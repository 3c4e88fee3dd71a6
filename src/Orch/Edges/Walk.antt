-- ===== src/Orch/Edges/Walk.antt =====
-- internal/orch/plan_import.go: the whole walk of `documentOrderEdges` against the edges leaf by leaf.
use radioactive_ralph.Prelude.{
  ℕ, suc, ◌+◌, ◌-◌, ◌≡◌, refl, sym, ap, ◌∙◌, String, Bool, true, false, List, [], ◌∷◌, ◌++◌, length,
  length-append, get_or, take, drop, arith, if◌then◌else◌, ◌||◌, ◌==◌,
}
use mathlib.Core.List.{append_assoc, append-nil, map-append}
use radioactive_ralph.Plan.{Plan, Group, group, Groups, nil, cons, Step, step_refs, walk_groups}
use radioactive_ralph.Plan.Leaves.{
  Leaf, leaves, leaves_of, all_located, all_located-append, walk_groups-leaves,
}
use radioactive_ralph.Orch.Import.{
  Located, EdgeState, visit_steps, finish_leaf, visit_leaf, visit, visit_group,
  document_order_edges,
}
use radioactive_ralph.Orch.Edges.Leafwise.{
  keys, chain_end, leaf_edges, terminals, edges_of, last_terminals, deps_of, get_or-middle,
  drop-append, take-append, push, state_path, advance-nil, advance-push, step_keys,
  length-step_keys, visit_steps-fan, visit_steps-chain,
}

abbrev settle : EdgeState → List (List String) → List String → ℕ → EdgeState
settle st new ts n = record { edges = st.edges ++ new; prev_terminals = ts; idx = st.idx + n }

module _ (key : Located → String) where
  edges_of-append :
      (prev : List String) (ls ms : List Leaf)
      → edges_of key prev (ls ++ ms)
        ≡ edges_of key prev ls ++ edges_of key (last_terminals key prev ls) ms
  edges_of-append prev [] ms = refl
  edges_of-append prev (l ∷ ls) ms =
      ap (λ t. leaf_edges key l.parallel prev l.located ++ t)
        (edges_of-append (terminals key l.parallel prev l.located) ls ms)
      ∙ sym (append_assoc (leaf_edges key l.parallel prev l.located) _ _)

  last_terminals-append :
      (prev : List String) (ls ms : List Leaf)
      → last_terminals key prev (ls ++ ms) ≡ last_terminals key (last_terminals key prev ls) ms
  last_terminals-append prev [] ms = refl
  last_terminals-append prev (l ∷ ls) ms =
      last_terminals-append (terminals key l.parallel prev l.located) ls ms

  chain_end-last :
      (ids pre : List String) (x : String) (post : List String) (path : List ℕ) (j : ℕ)
      (ss : List Step)
      → ids ≡ pre ++ x ∷ (step_keys key path j ss ++ post)
      → get_or ids (length pre + length ss) "" ∷ [] ≡ chain_end key (x ∷ []) (step_refs path j ss)
  chain_end-last ids pre x post path j [] e =
      let at : length pre + 0 ≡ length pre = omega arith in
      rw (e, at) (ap (λ t. t ∷ []) (get_or-middle pre x post ""))
  chain_end-last ids pre x post path j (s ∷ ss) e =
      let at : length pre + suc (length ss) ≡ length (pre ++ x ∷ []) + length ss =
        omega (arith, length-append pre (x ∷ [])) in
      rw at (
        chain_end-last ids (pre ++ x ∷ []) (key (record { group_path = path; index = j }, s)) post
          path (suc j) ss (e ∙ sym (append_assoc pre (x ∷ []) _)))

  fan_end :
      (ids pre post : List String) (path : List ℕ) (ss : List Step) (st : EdgeState)
      → ids ≡ pre ++ (step_keys key path 0 ss ++ post)
      → st.idx ≡ length pre
      → take (st.idx + length ss - st.idx) (drop st.idx ids) ≡ step_keys key path 0 ss
  fan_end ids pre post path ss st e p =
      let count : st.idx + length ss - st.idx ≡ length (step_keys key path 0 ss) =
        omega (arith, length-step_keys key path 0 ss) in
      ap (λ n. take n (drop st.idx ids)) count
      ∙ ap (take (length (step_keys key path 0 ss)))
          (ap (λ n. drop n ids) p ∙ ap (drop (length pre)) e ∙ drop-append pre _)
      ∙ take-append (step_keys key path 0 ss) post

  settle-settle :
      (st : EdgeState) (front back : List Leaf)
      → keys key (all_located (front ++ back))
        ≡ keys key (all_located front) ++ keys key (all_located back)
      → settle
          (settle st
            (deps_of (edges_of key st.prev_terminals front))
            (last_terminals key st.prev_terminals front)
            (length (keys key (all_located front))))
          (deps_of (edges_of key (last_terminals key st.prev_terminals front) back))
          (last_terminals key (last_terminals key st.prev_terminals front) back)
          (length (keys key (all_located back)))
        ≡ settle st
            (deps_of (edges_of key st.prev_terminals (front ++ back)))
            (last_terminals key st.prev_terminals (front ++ back))
            (length (keys key (all_located (front ++ back))))
  settle-settle st front back both =
      state_path
        (append_assoc st.edges _ _
          ∙ ap (λ t. st.edges ++ t)
              (sym (map-append (λ x. x.1) (edges_of key st.prev_terminals front) _)
                ∙ ap deps_of (sym (edges_of-append st.prev_terminals front back))))
        (sym (last_terminals-append st.prev_terminals front back))
        (omega (
          arith,
          ap length both,
          length-append (keys key (all_located front)) (keys key (all_located back)),
        ))

  visit_leaf-edges :
      (parallel : Bool) (ids pre post : List String) (path : List ℕ) (ss : List Step)
      (st : EdgeState)
      → ids ≡ pre ++ (step_keys key path 0 ss ++ post)
      → st.idx ≡ length pre
      → visit_leaf parallel ids ss st
        ≡ settle st
            (deps_of (leaf_edges key parallel st.prev_terminals (step_refs path 0 ss)))
            (terminals key parallel st.prev_terminals (step_refs path 0 ss))
            (length ss)
  visit_leaf-edges true ids pre post path [] st e p = advance-nil st
  visit_leaf-edges false ids pre post path [] st e p = advance-nil st
  visit_leaf-edges true ids pre post path (s ∷ ss) st e p =
      ap (finish_leaf true ids st.idx) (visit_steps-fan key ids st.idx path 0 (s ∷ ss) st)
      ∙ state_path refl (fan_end ids pre post path (s ∷ ss) st e p) refl
  visit_leaf-edges false ids pre post path (s ∷ ss) st e p =
      let k = key (record { group_path = path; index = 0 }, s) in
      let first : (if false || st.idx == st.idx
            then st.prev_terminals
            else get_or ids (st.idx - 1) "" ∷ [])
          ≡ st.prev_terminals =
        ground arith in
      let at : st.idx + suc (length ss) - 1 ≡ length pre + length ss = omega arith in
      ap (λ D. finish_leaf false ids st.idx (visit_steps false ids st.idx ss (push st D))) first
      ∙ ap (finish_leaf false ids st.idx) (
          visit_steps-chain key ids pre k post st.idx path 1 ss (push st st.prev_terminals) e
            (omega arith) (omega arith)
          ∙ advance-push st st.prev_terminals _ (length ss))
      ∙ state_path refl
          (ap (λ n. get_or ids n "" ∷ []) at ∙ chain_end-last ids pre k post path 1 ss e) refl

  mutual
    unfolding visit leaves

    visit-edges :
        (gs : Groups) (path : List ℕ) (i : ℕ) (ids pre post : List String) (st : EdgeState)
        → ids ≡ pre ++ (keys key (all_located (leaves gs path i)) ++ post)
        → st.idx ≡ length pre
        → visit ids gs st
          ≡ settle st
              (deps_of (edges_of key st.prev_terminals (leaves gs path i)))
              (last_terminals key st.prev_terminals (leaves gs path i))
              (length (keys key (all_located (leaves gs path i))))
    visit-edges nil path i ids pre post st e p = advance-nil st
    visit-edges (cons g gs) path i ids pre post st e p =
        let front = leaves_of g (path ++ i ∷ []) in
        let back = leaves gs path (suc i) in
        let front_keys = keys key (all_located front) in
        let both : keys key (all_located (front ++ back))
            ≡ front_keys ++ keys key (all_located back) =
          ap (keys key) (all_located-append front back)
          ∙ map-append key (all_located front) (all_located back) in
        let e' : ids ≡ pre ++ (front_keys ++ (keys key (all_located back) ++ post)) =
          e ∙ ap (λ t. pre ++ t) (ap (λ t. t ++ post) both ∙ append_assoc front_keys _ post) in
        let mid =
          settle st (deps_of (edges_of key st.prev_terminals front))
            (last_terminals key st.prev_terminals front) (length front_keys) in
        ap (visit ids gs) (visit_group-edges g (path ++ i ∷ []) ids pre _ st e' p)
        ∙ visit-edges gs path (suc i) ids (pre ++ front_keys) post mid
            (e' ∙ sym (append_assoc pre front_keys _)) (omega (arith, length-append pre front_keys))
        ∙ settle-settle st front back both

    visit_group-edges :
        (g : Group) (path : List ℕ) (ids pre post : List String) (st : EdgeState)
        → ids ≡ pre ++ (keys key (all_located (leaves_of g path)) ++ post)
        → st.idx ≡ length pre
        → visit_group ids g st
          ≡ settle st
              (deps_of (edges_of key st.prev_terminals (leaves_of g path)))
              (last_terminals key st.prev_terminals (leaves_of g path))
              (length (keys key (all_located (leaves_of g path))))
    visit_group-edges (group heading level parallel steps nil) path ids pre post st e p =
        let plain = append-nil (step_refs path 0 steps) in
        visit_leaf-edges parallel ids pre post path steps st
          (e ∙ ap (λ t. pre ++ (keys key t ++ post)) plain) p
        ∙ state_path
            (ap (λ t. st.edges ++ deps_of t)
              (sym
                (append-nil (leaf_edges key parallel st.prev_terminals (step_refs path 0 steps)))))
            refl
            (omega (arith, length-step_keys key path 0 steps, ap (λ t. length (keys key t)) plain))
    visit_group-edges (group heading level parallel steps (cons g gs)) path ids pre post st e p =
        visit-edges (cons g gs) path 0 ids pre post st e p

  -- The edges that the walk writes, in its order, are the edges leaf by leaf.
  pub document_order_edges-leaves :
      (p : Plan)
      → document_order_edges p (keys key (walk_groups p [] 0))
        ≡ deps_of (edges_of key [] (leaves p [] 0))
  unfolding document_order_edges
  document_order_edges-leaves p =
      let all = keys key (walk_groups p [] 0) in
      let e =
        ap (keys key) (walk_groups-leaves p [] 0)
        ∙ sym (append-nil (keys key (all_located (leaves p [] 0)))) in
      ap (λ (s : EdgeState). s.edges) (visit-edges p [] 0 all [] [] _ e refl)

···

### About this task
Pull every line containing "cons" from the entries above and copy it.

### Problem solution
use radioactive_ralph.Plan.{Plan, Group, group, Groups, nil, cons, Step, step_refs, walk_groups}
    visit-edges (cons g gs) path i ids pre post st e p =
    visit_group-edges (group heading level parallel steps (cons g gs)) path ids pre post st e p =
        visit-edges (cons g gs) path 0 ids pre post st e p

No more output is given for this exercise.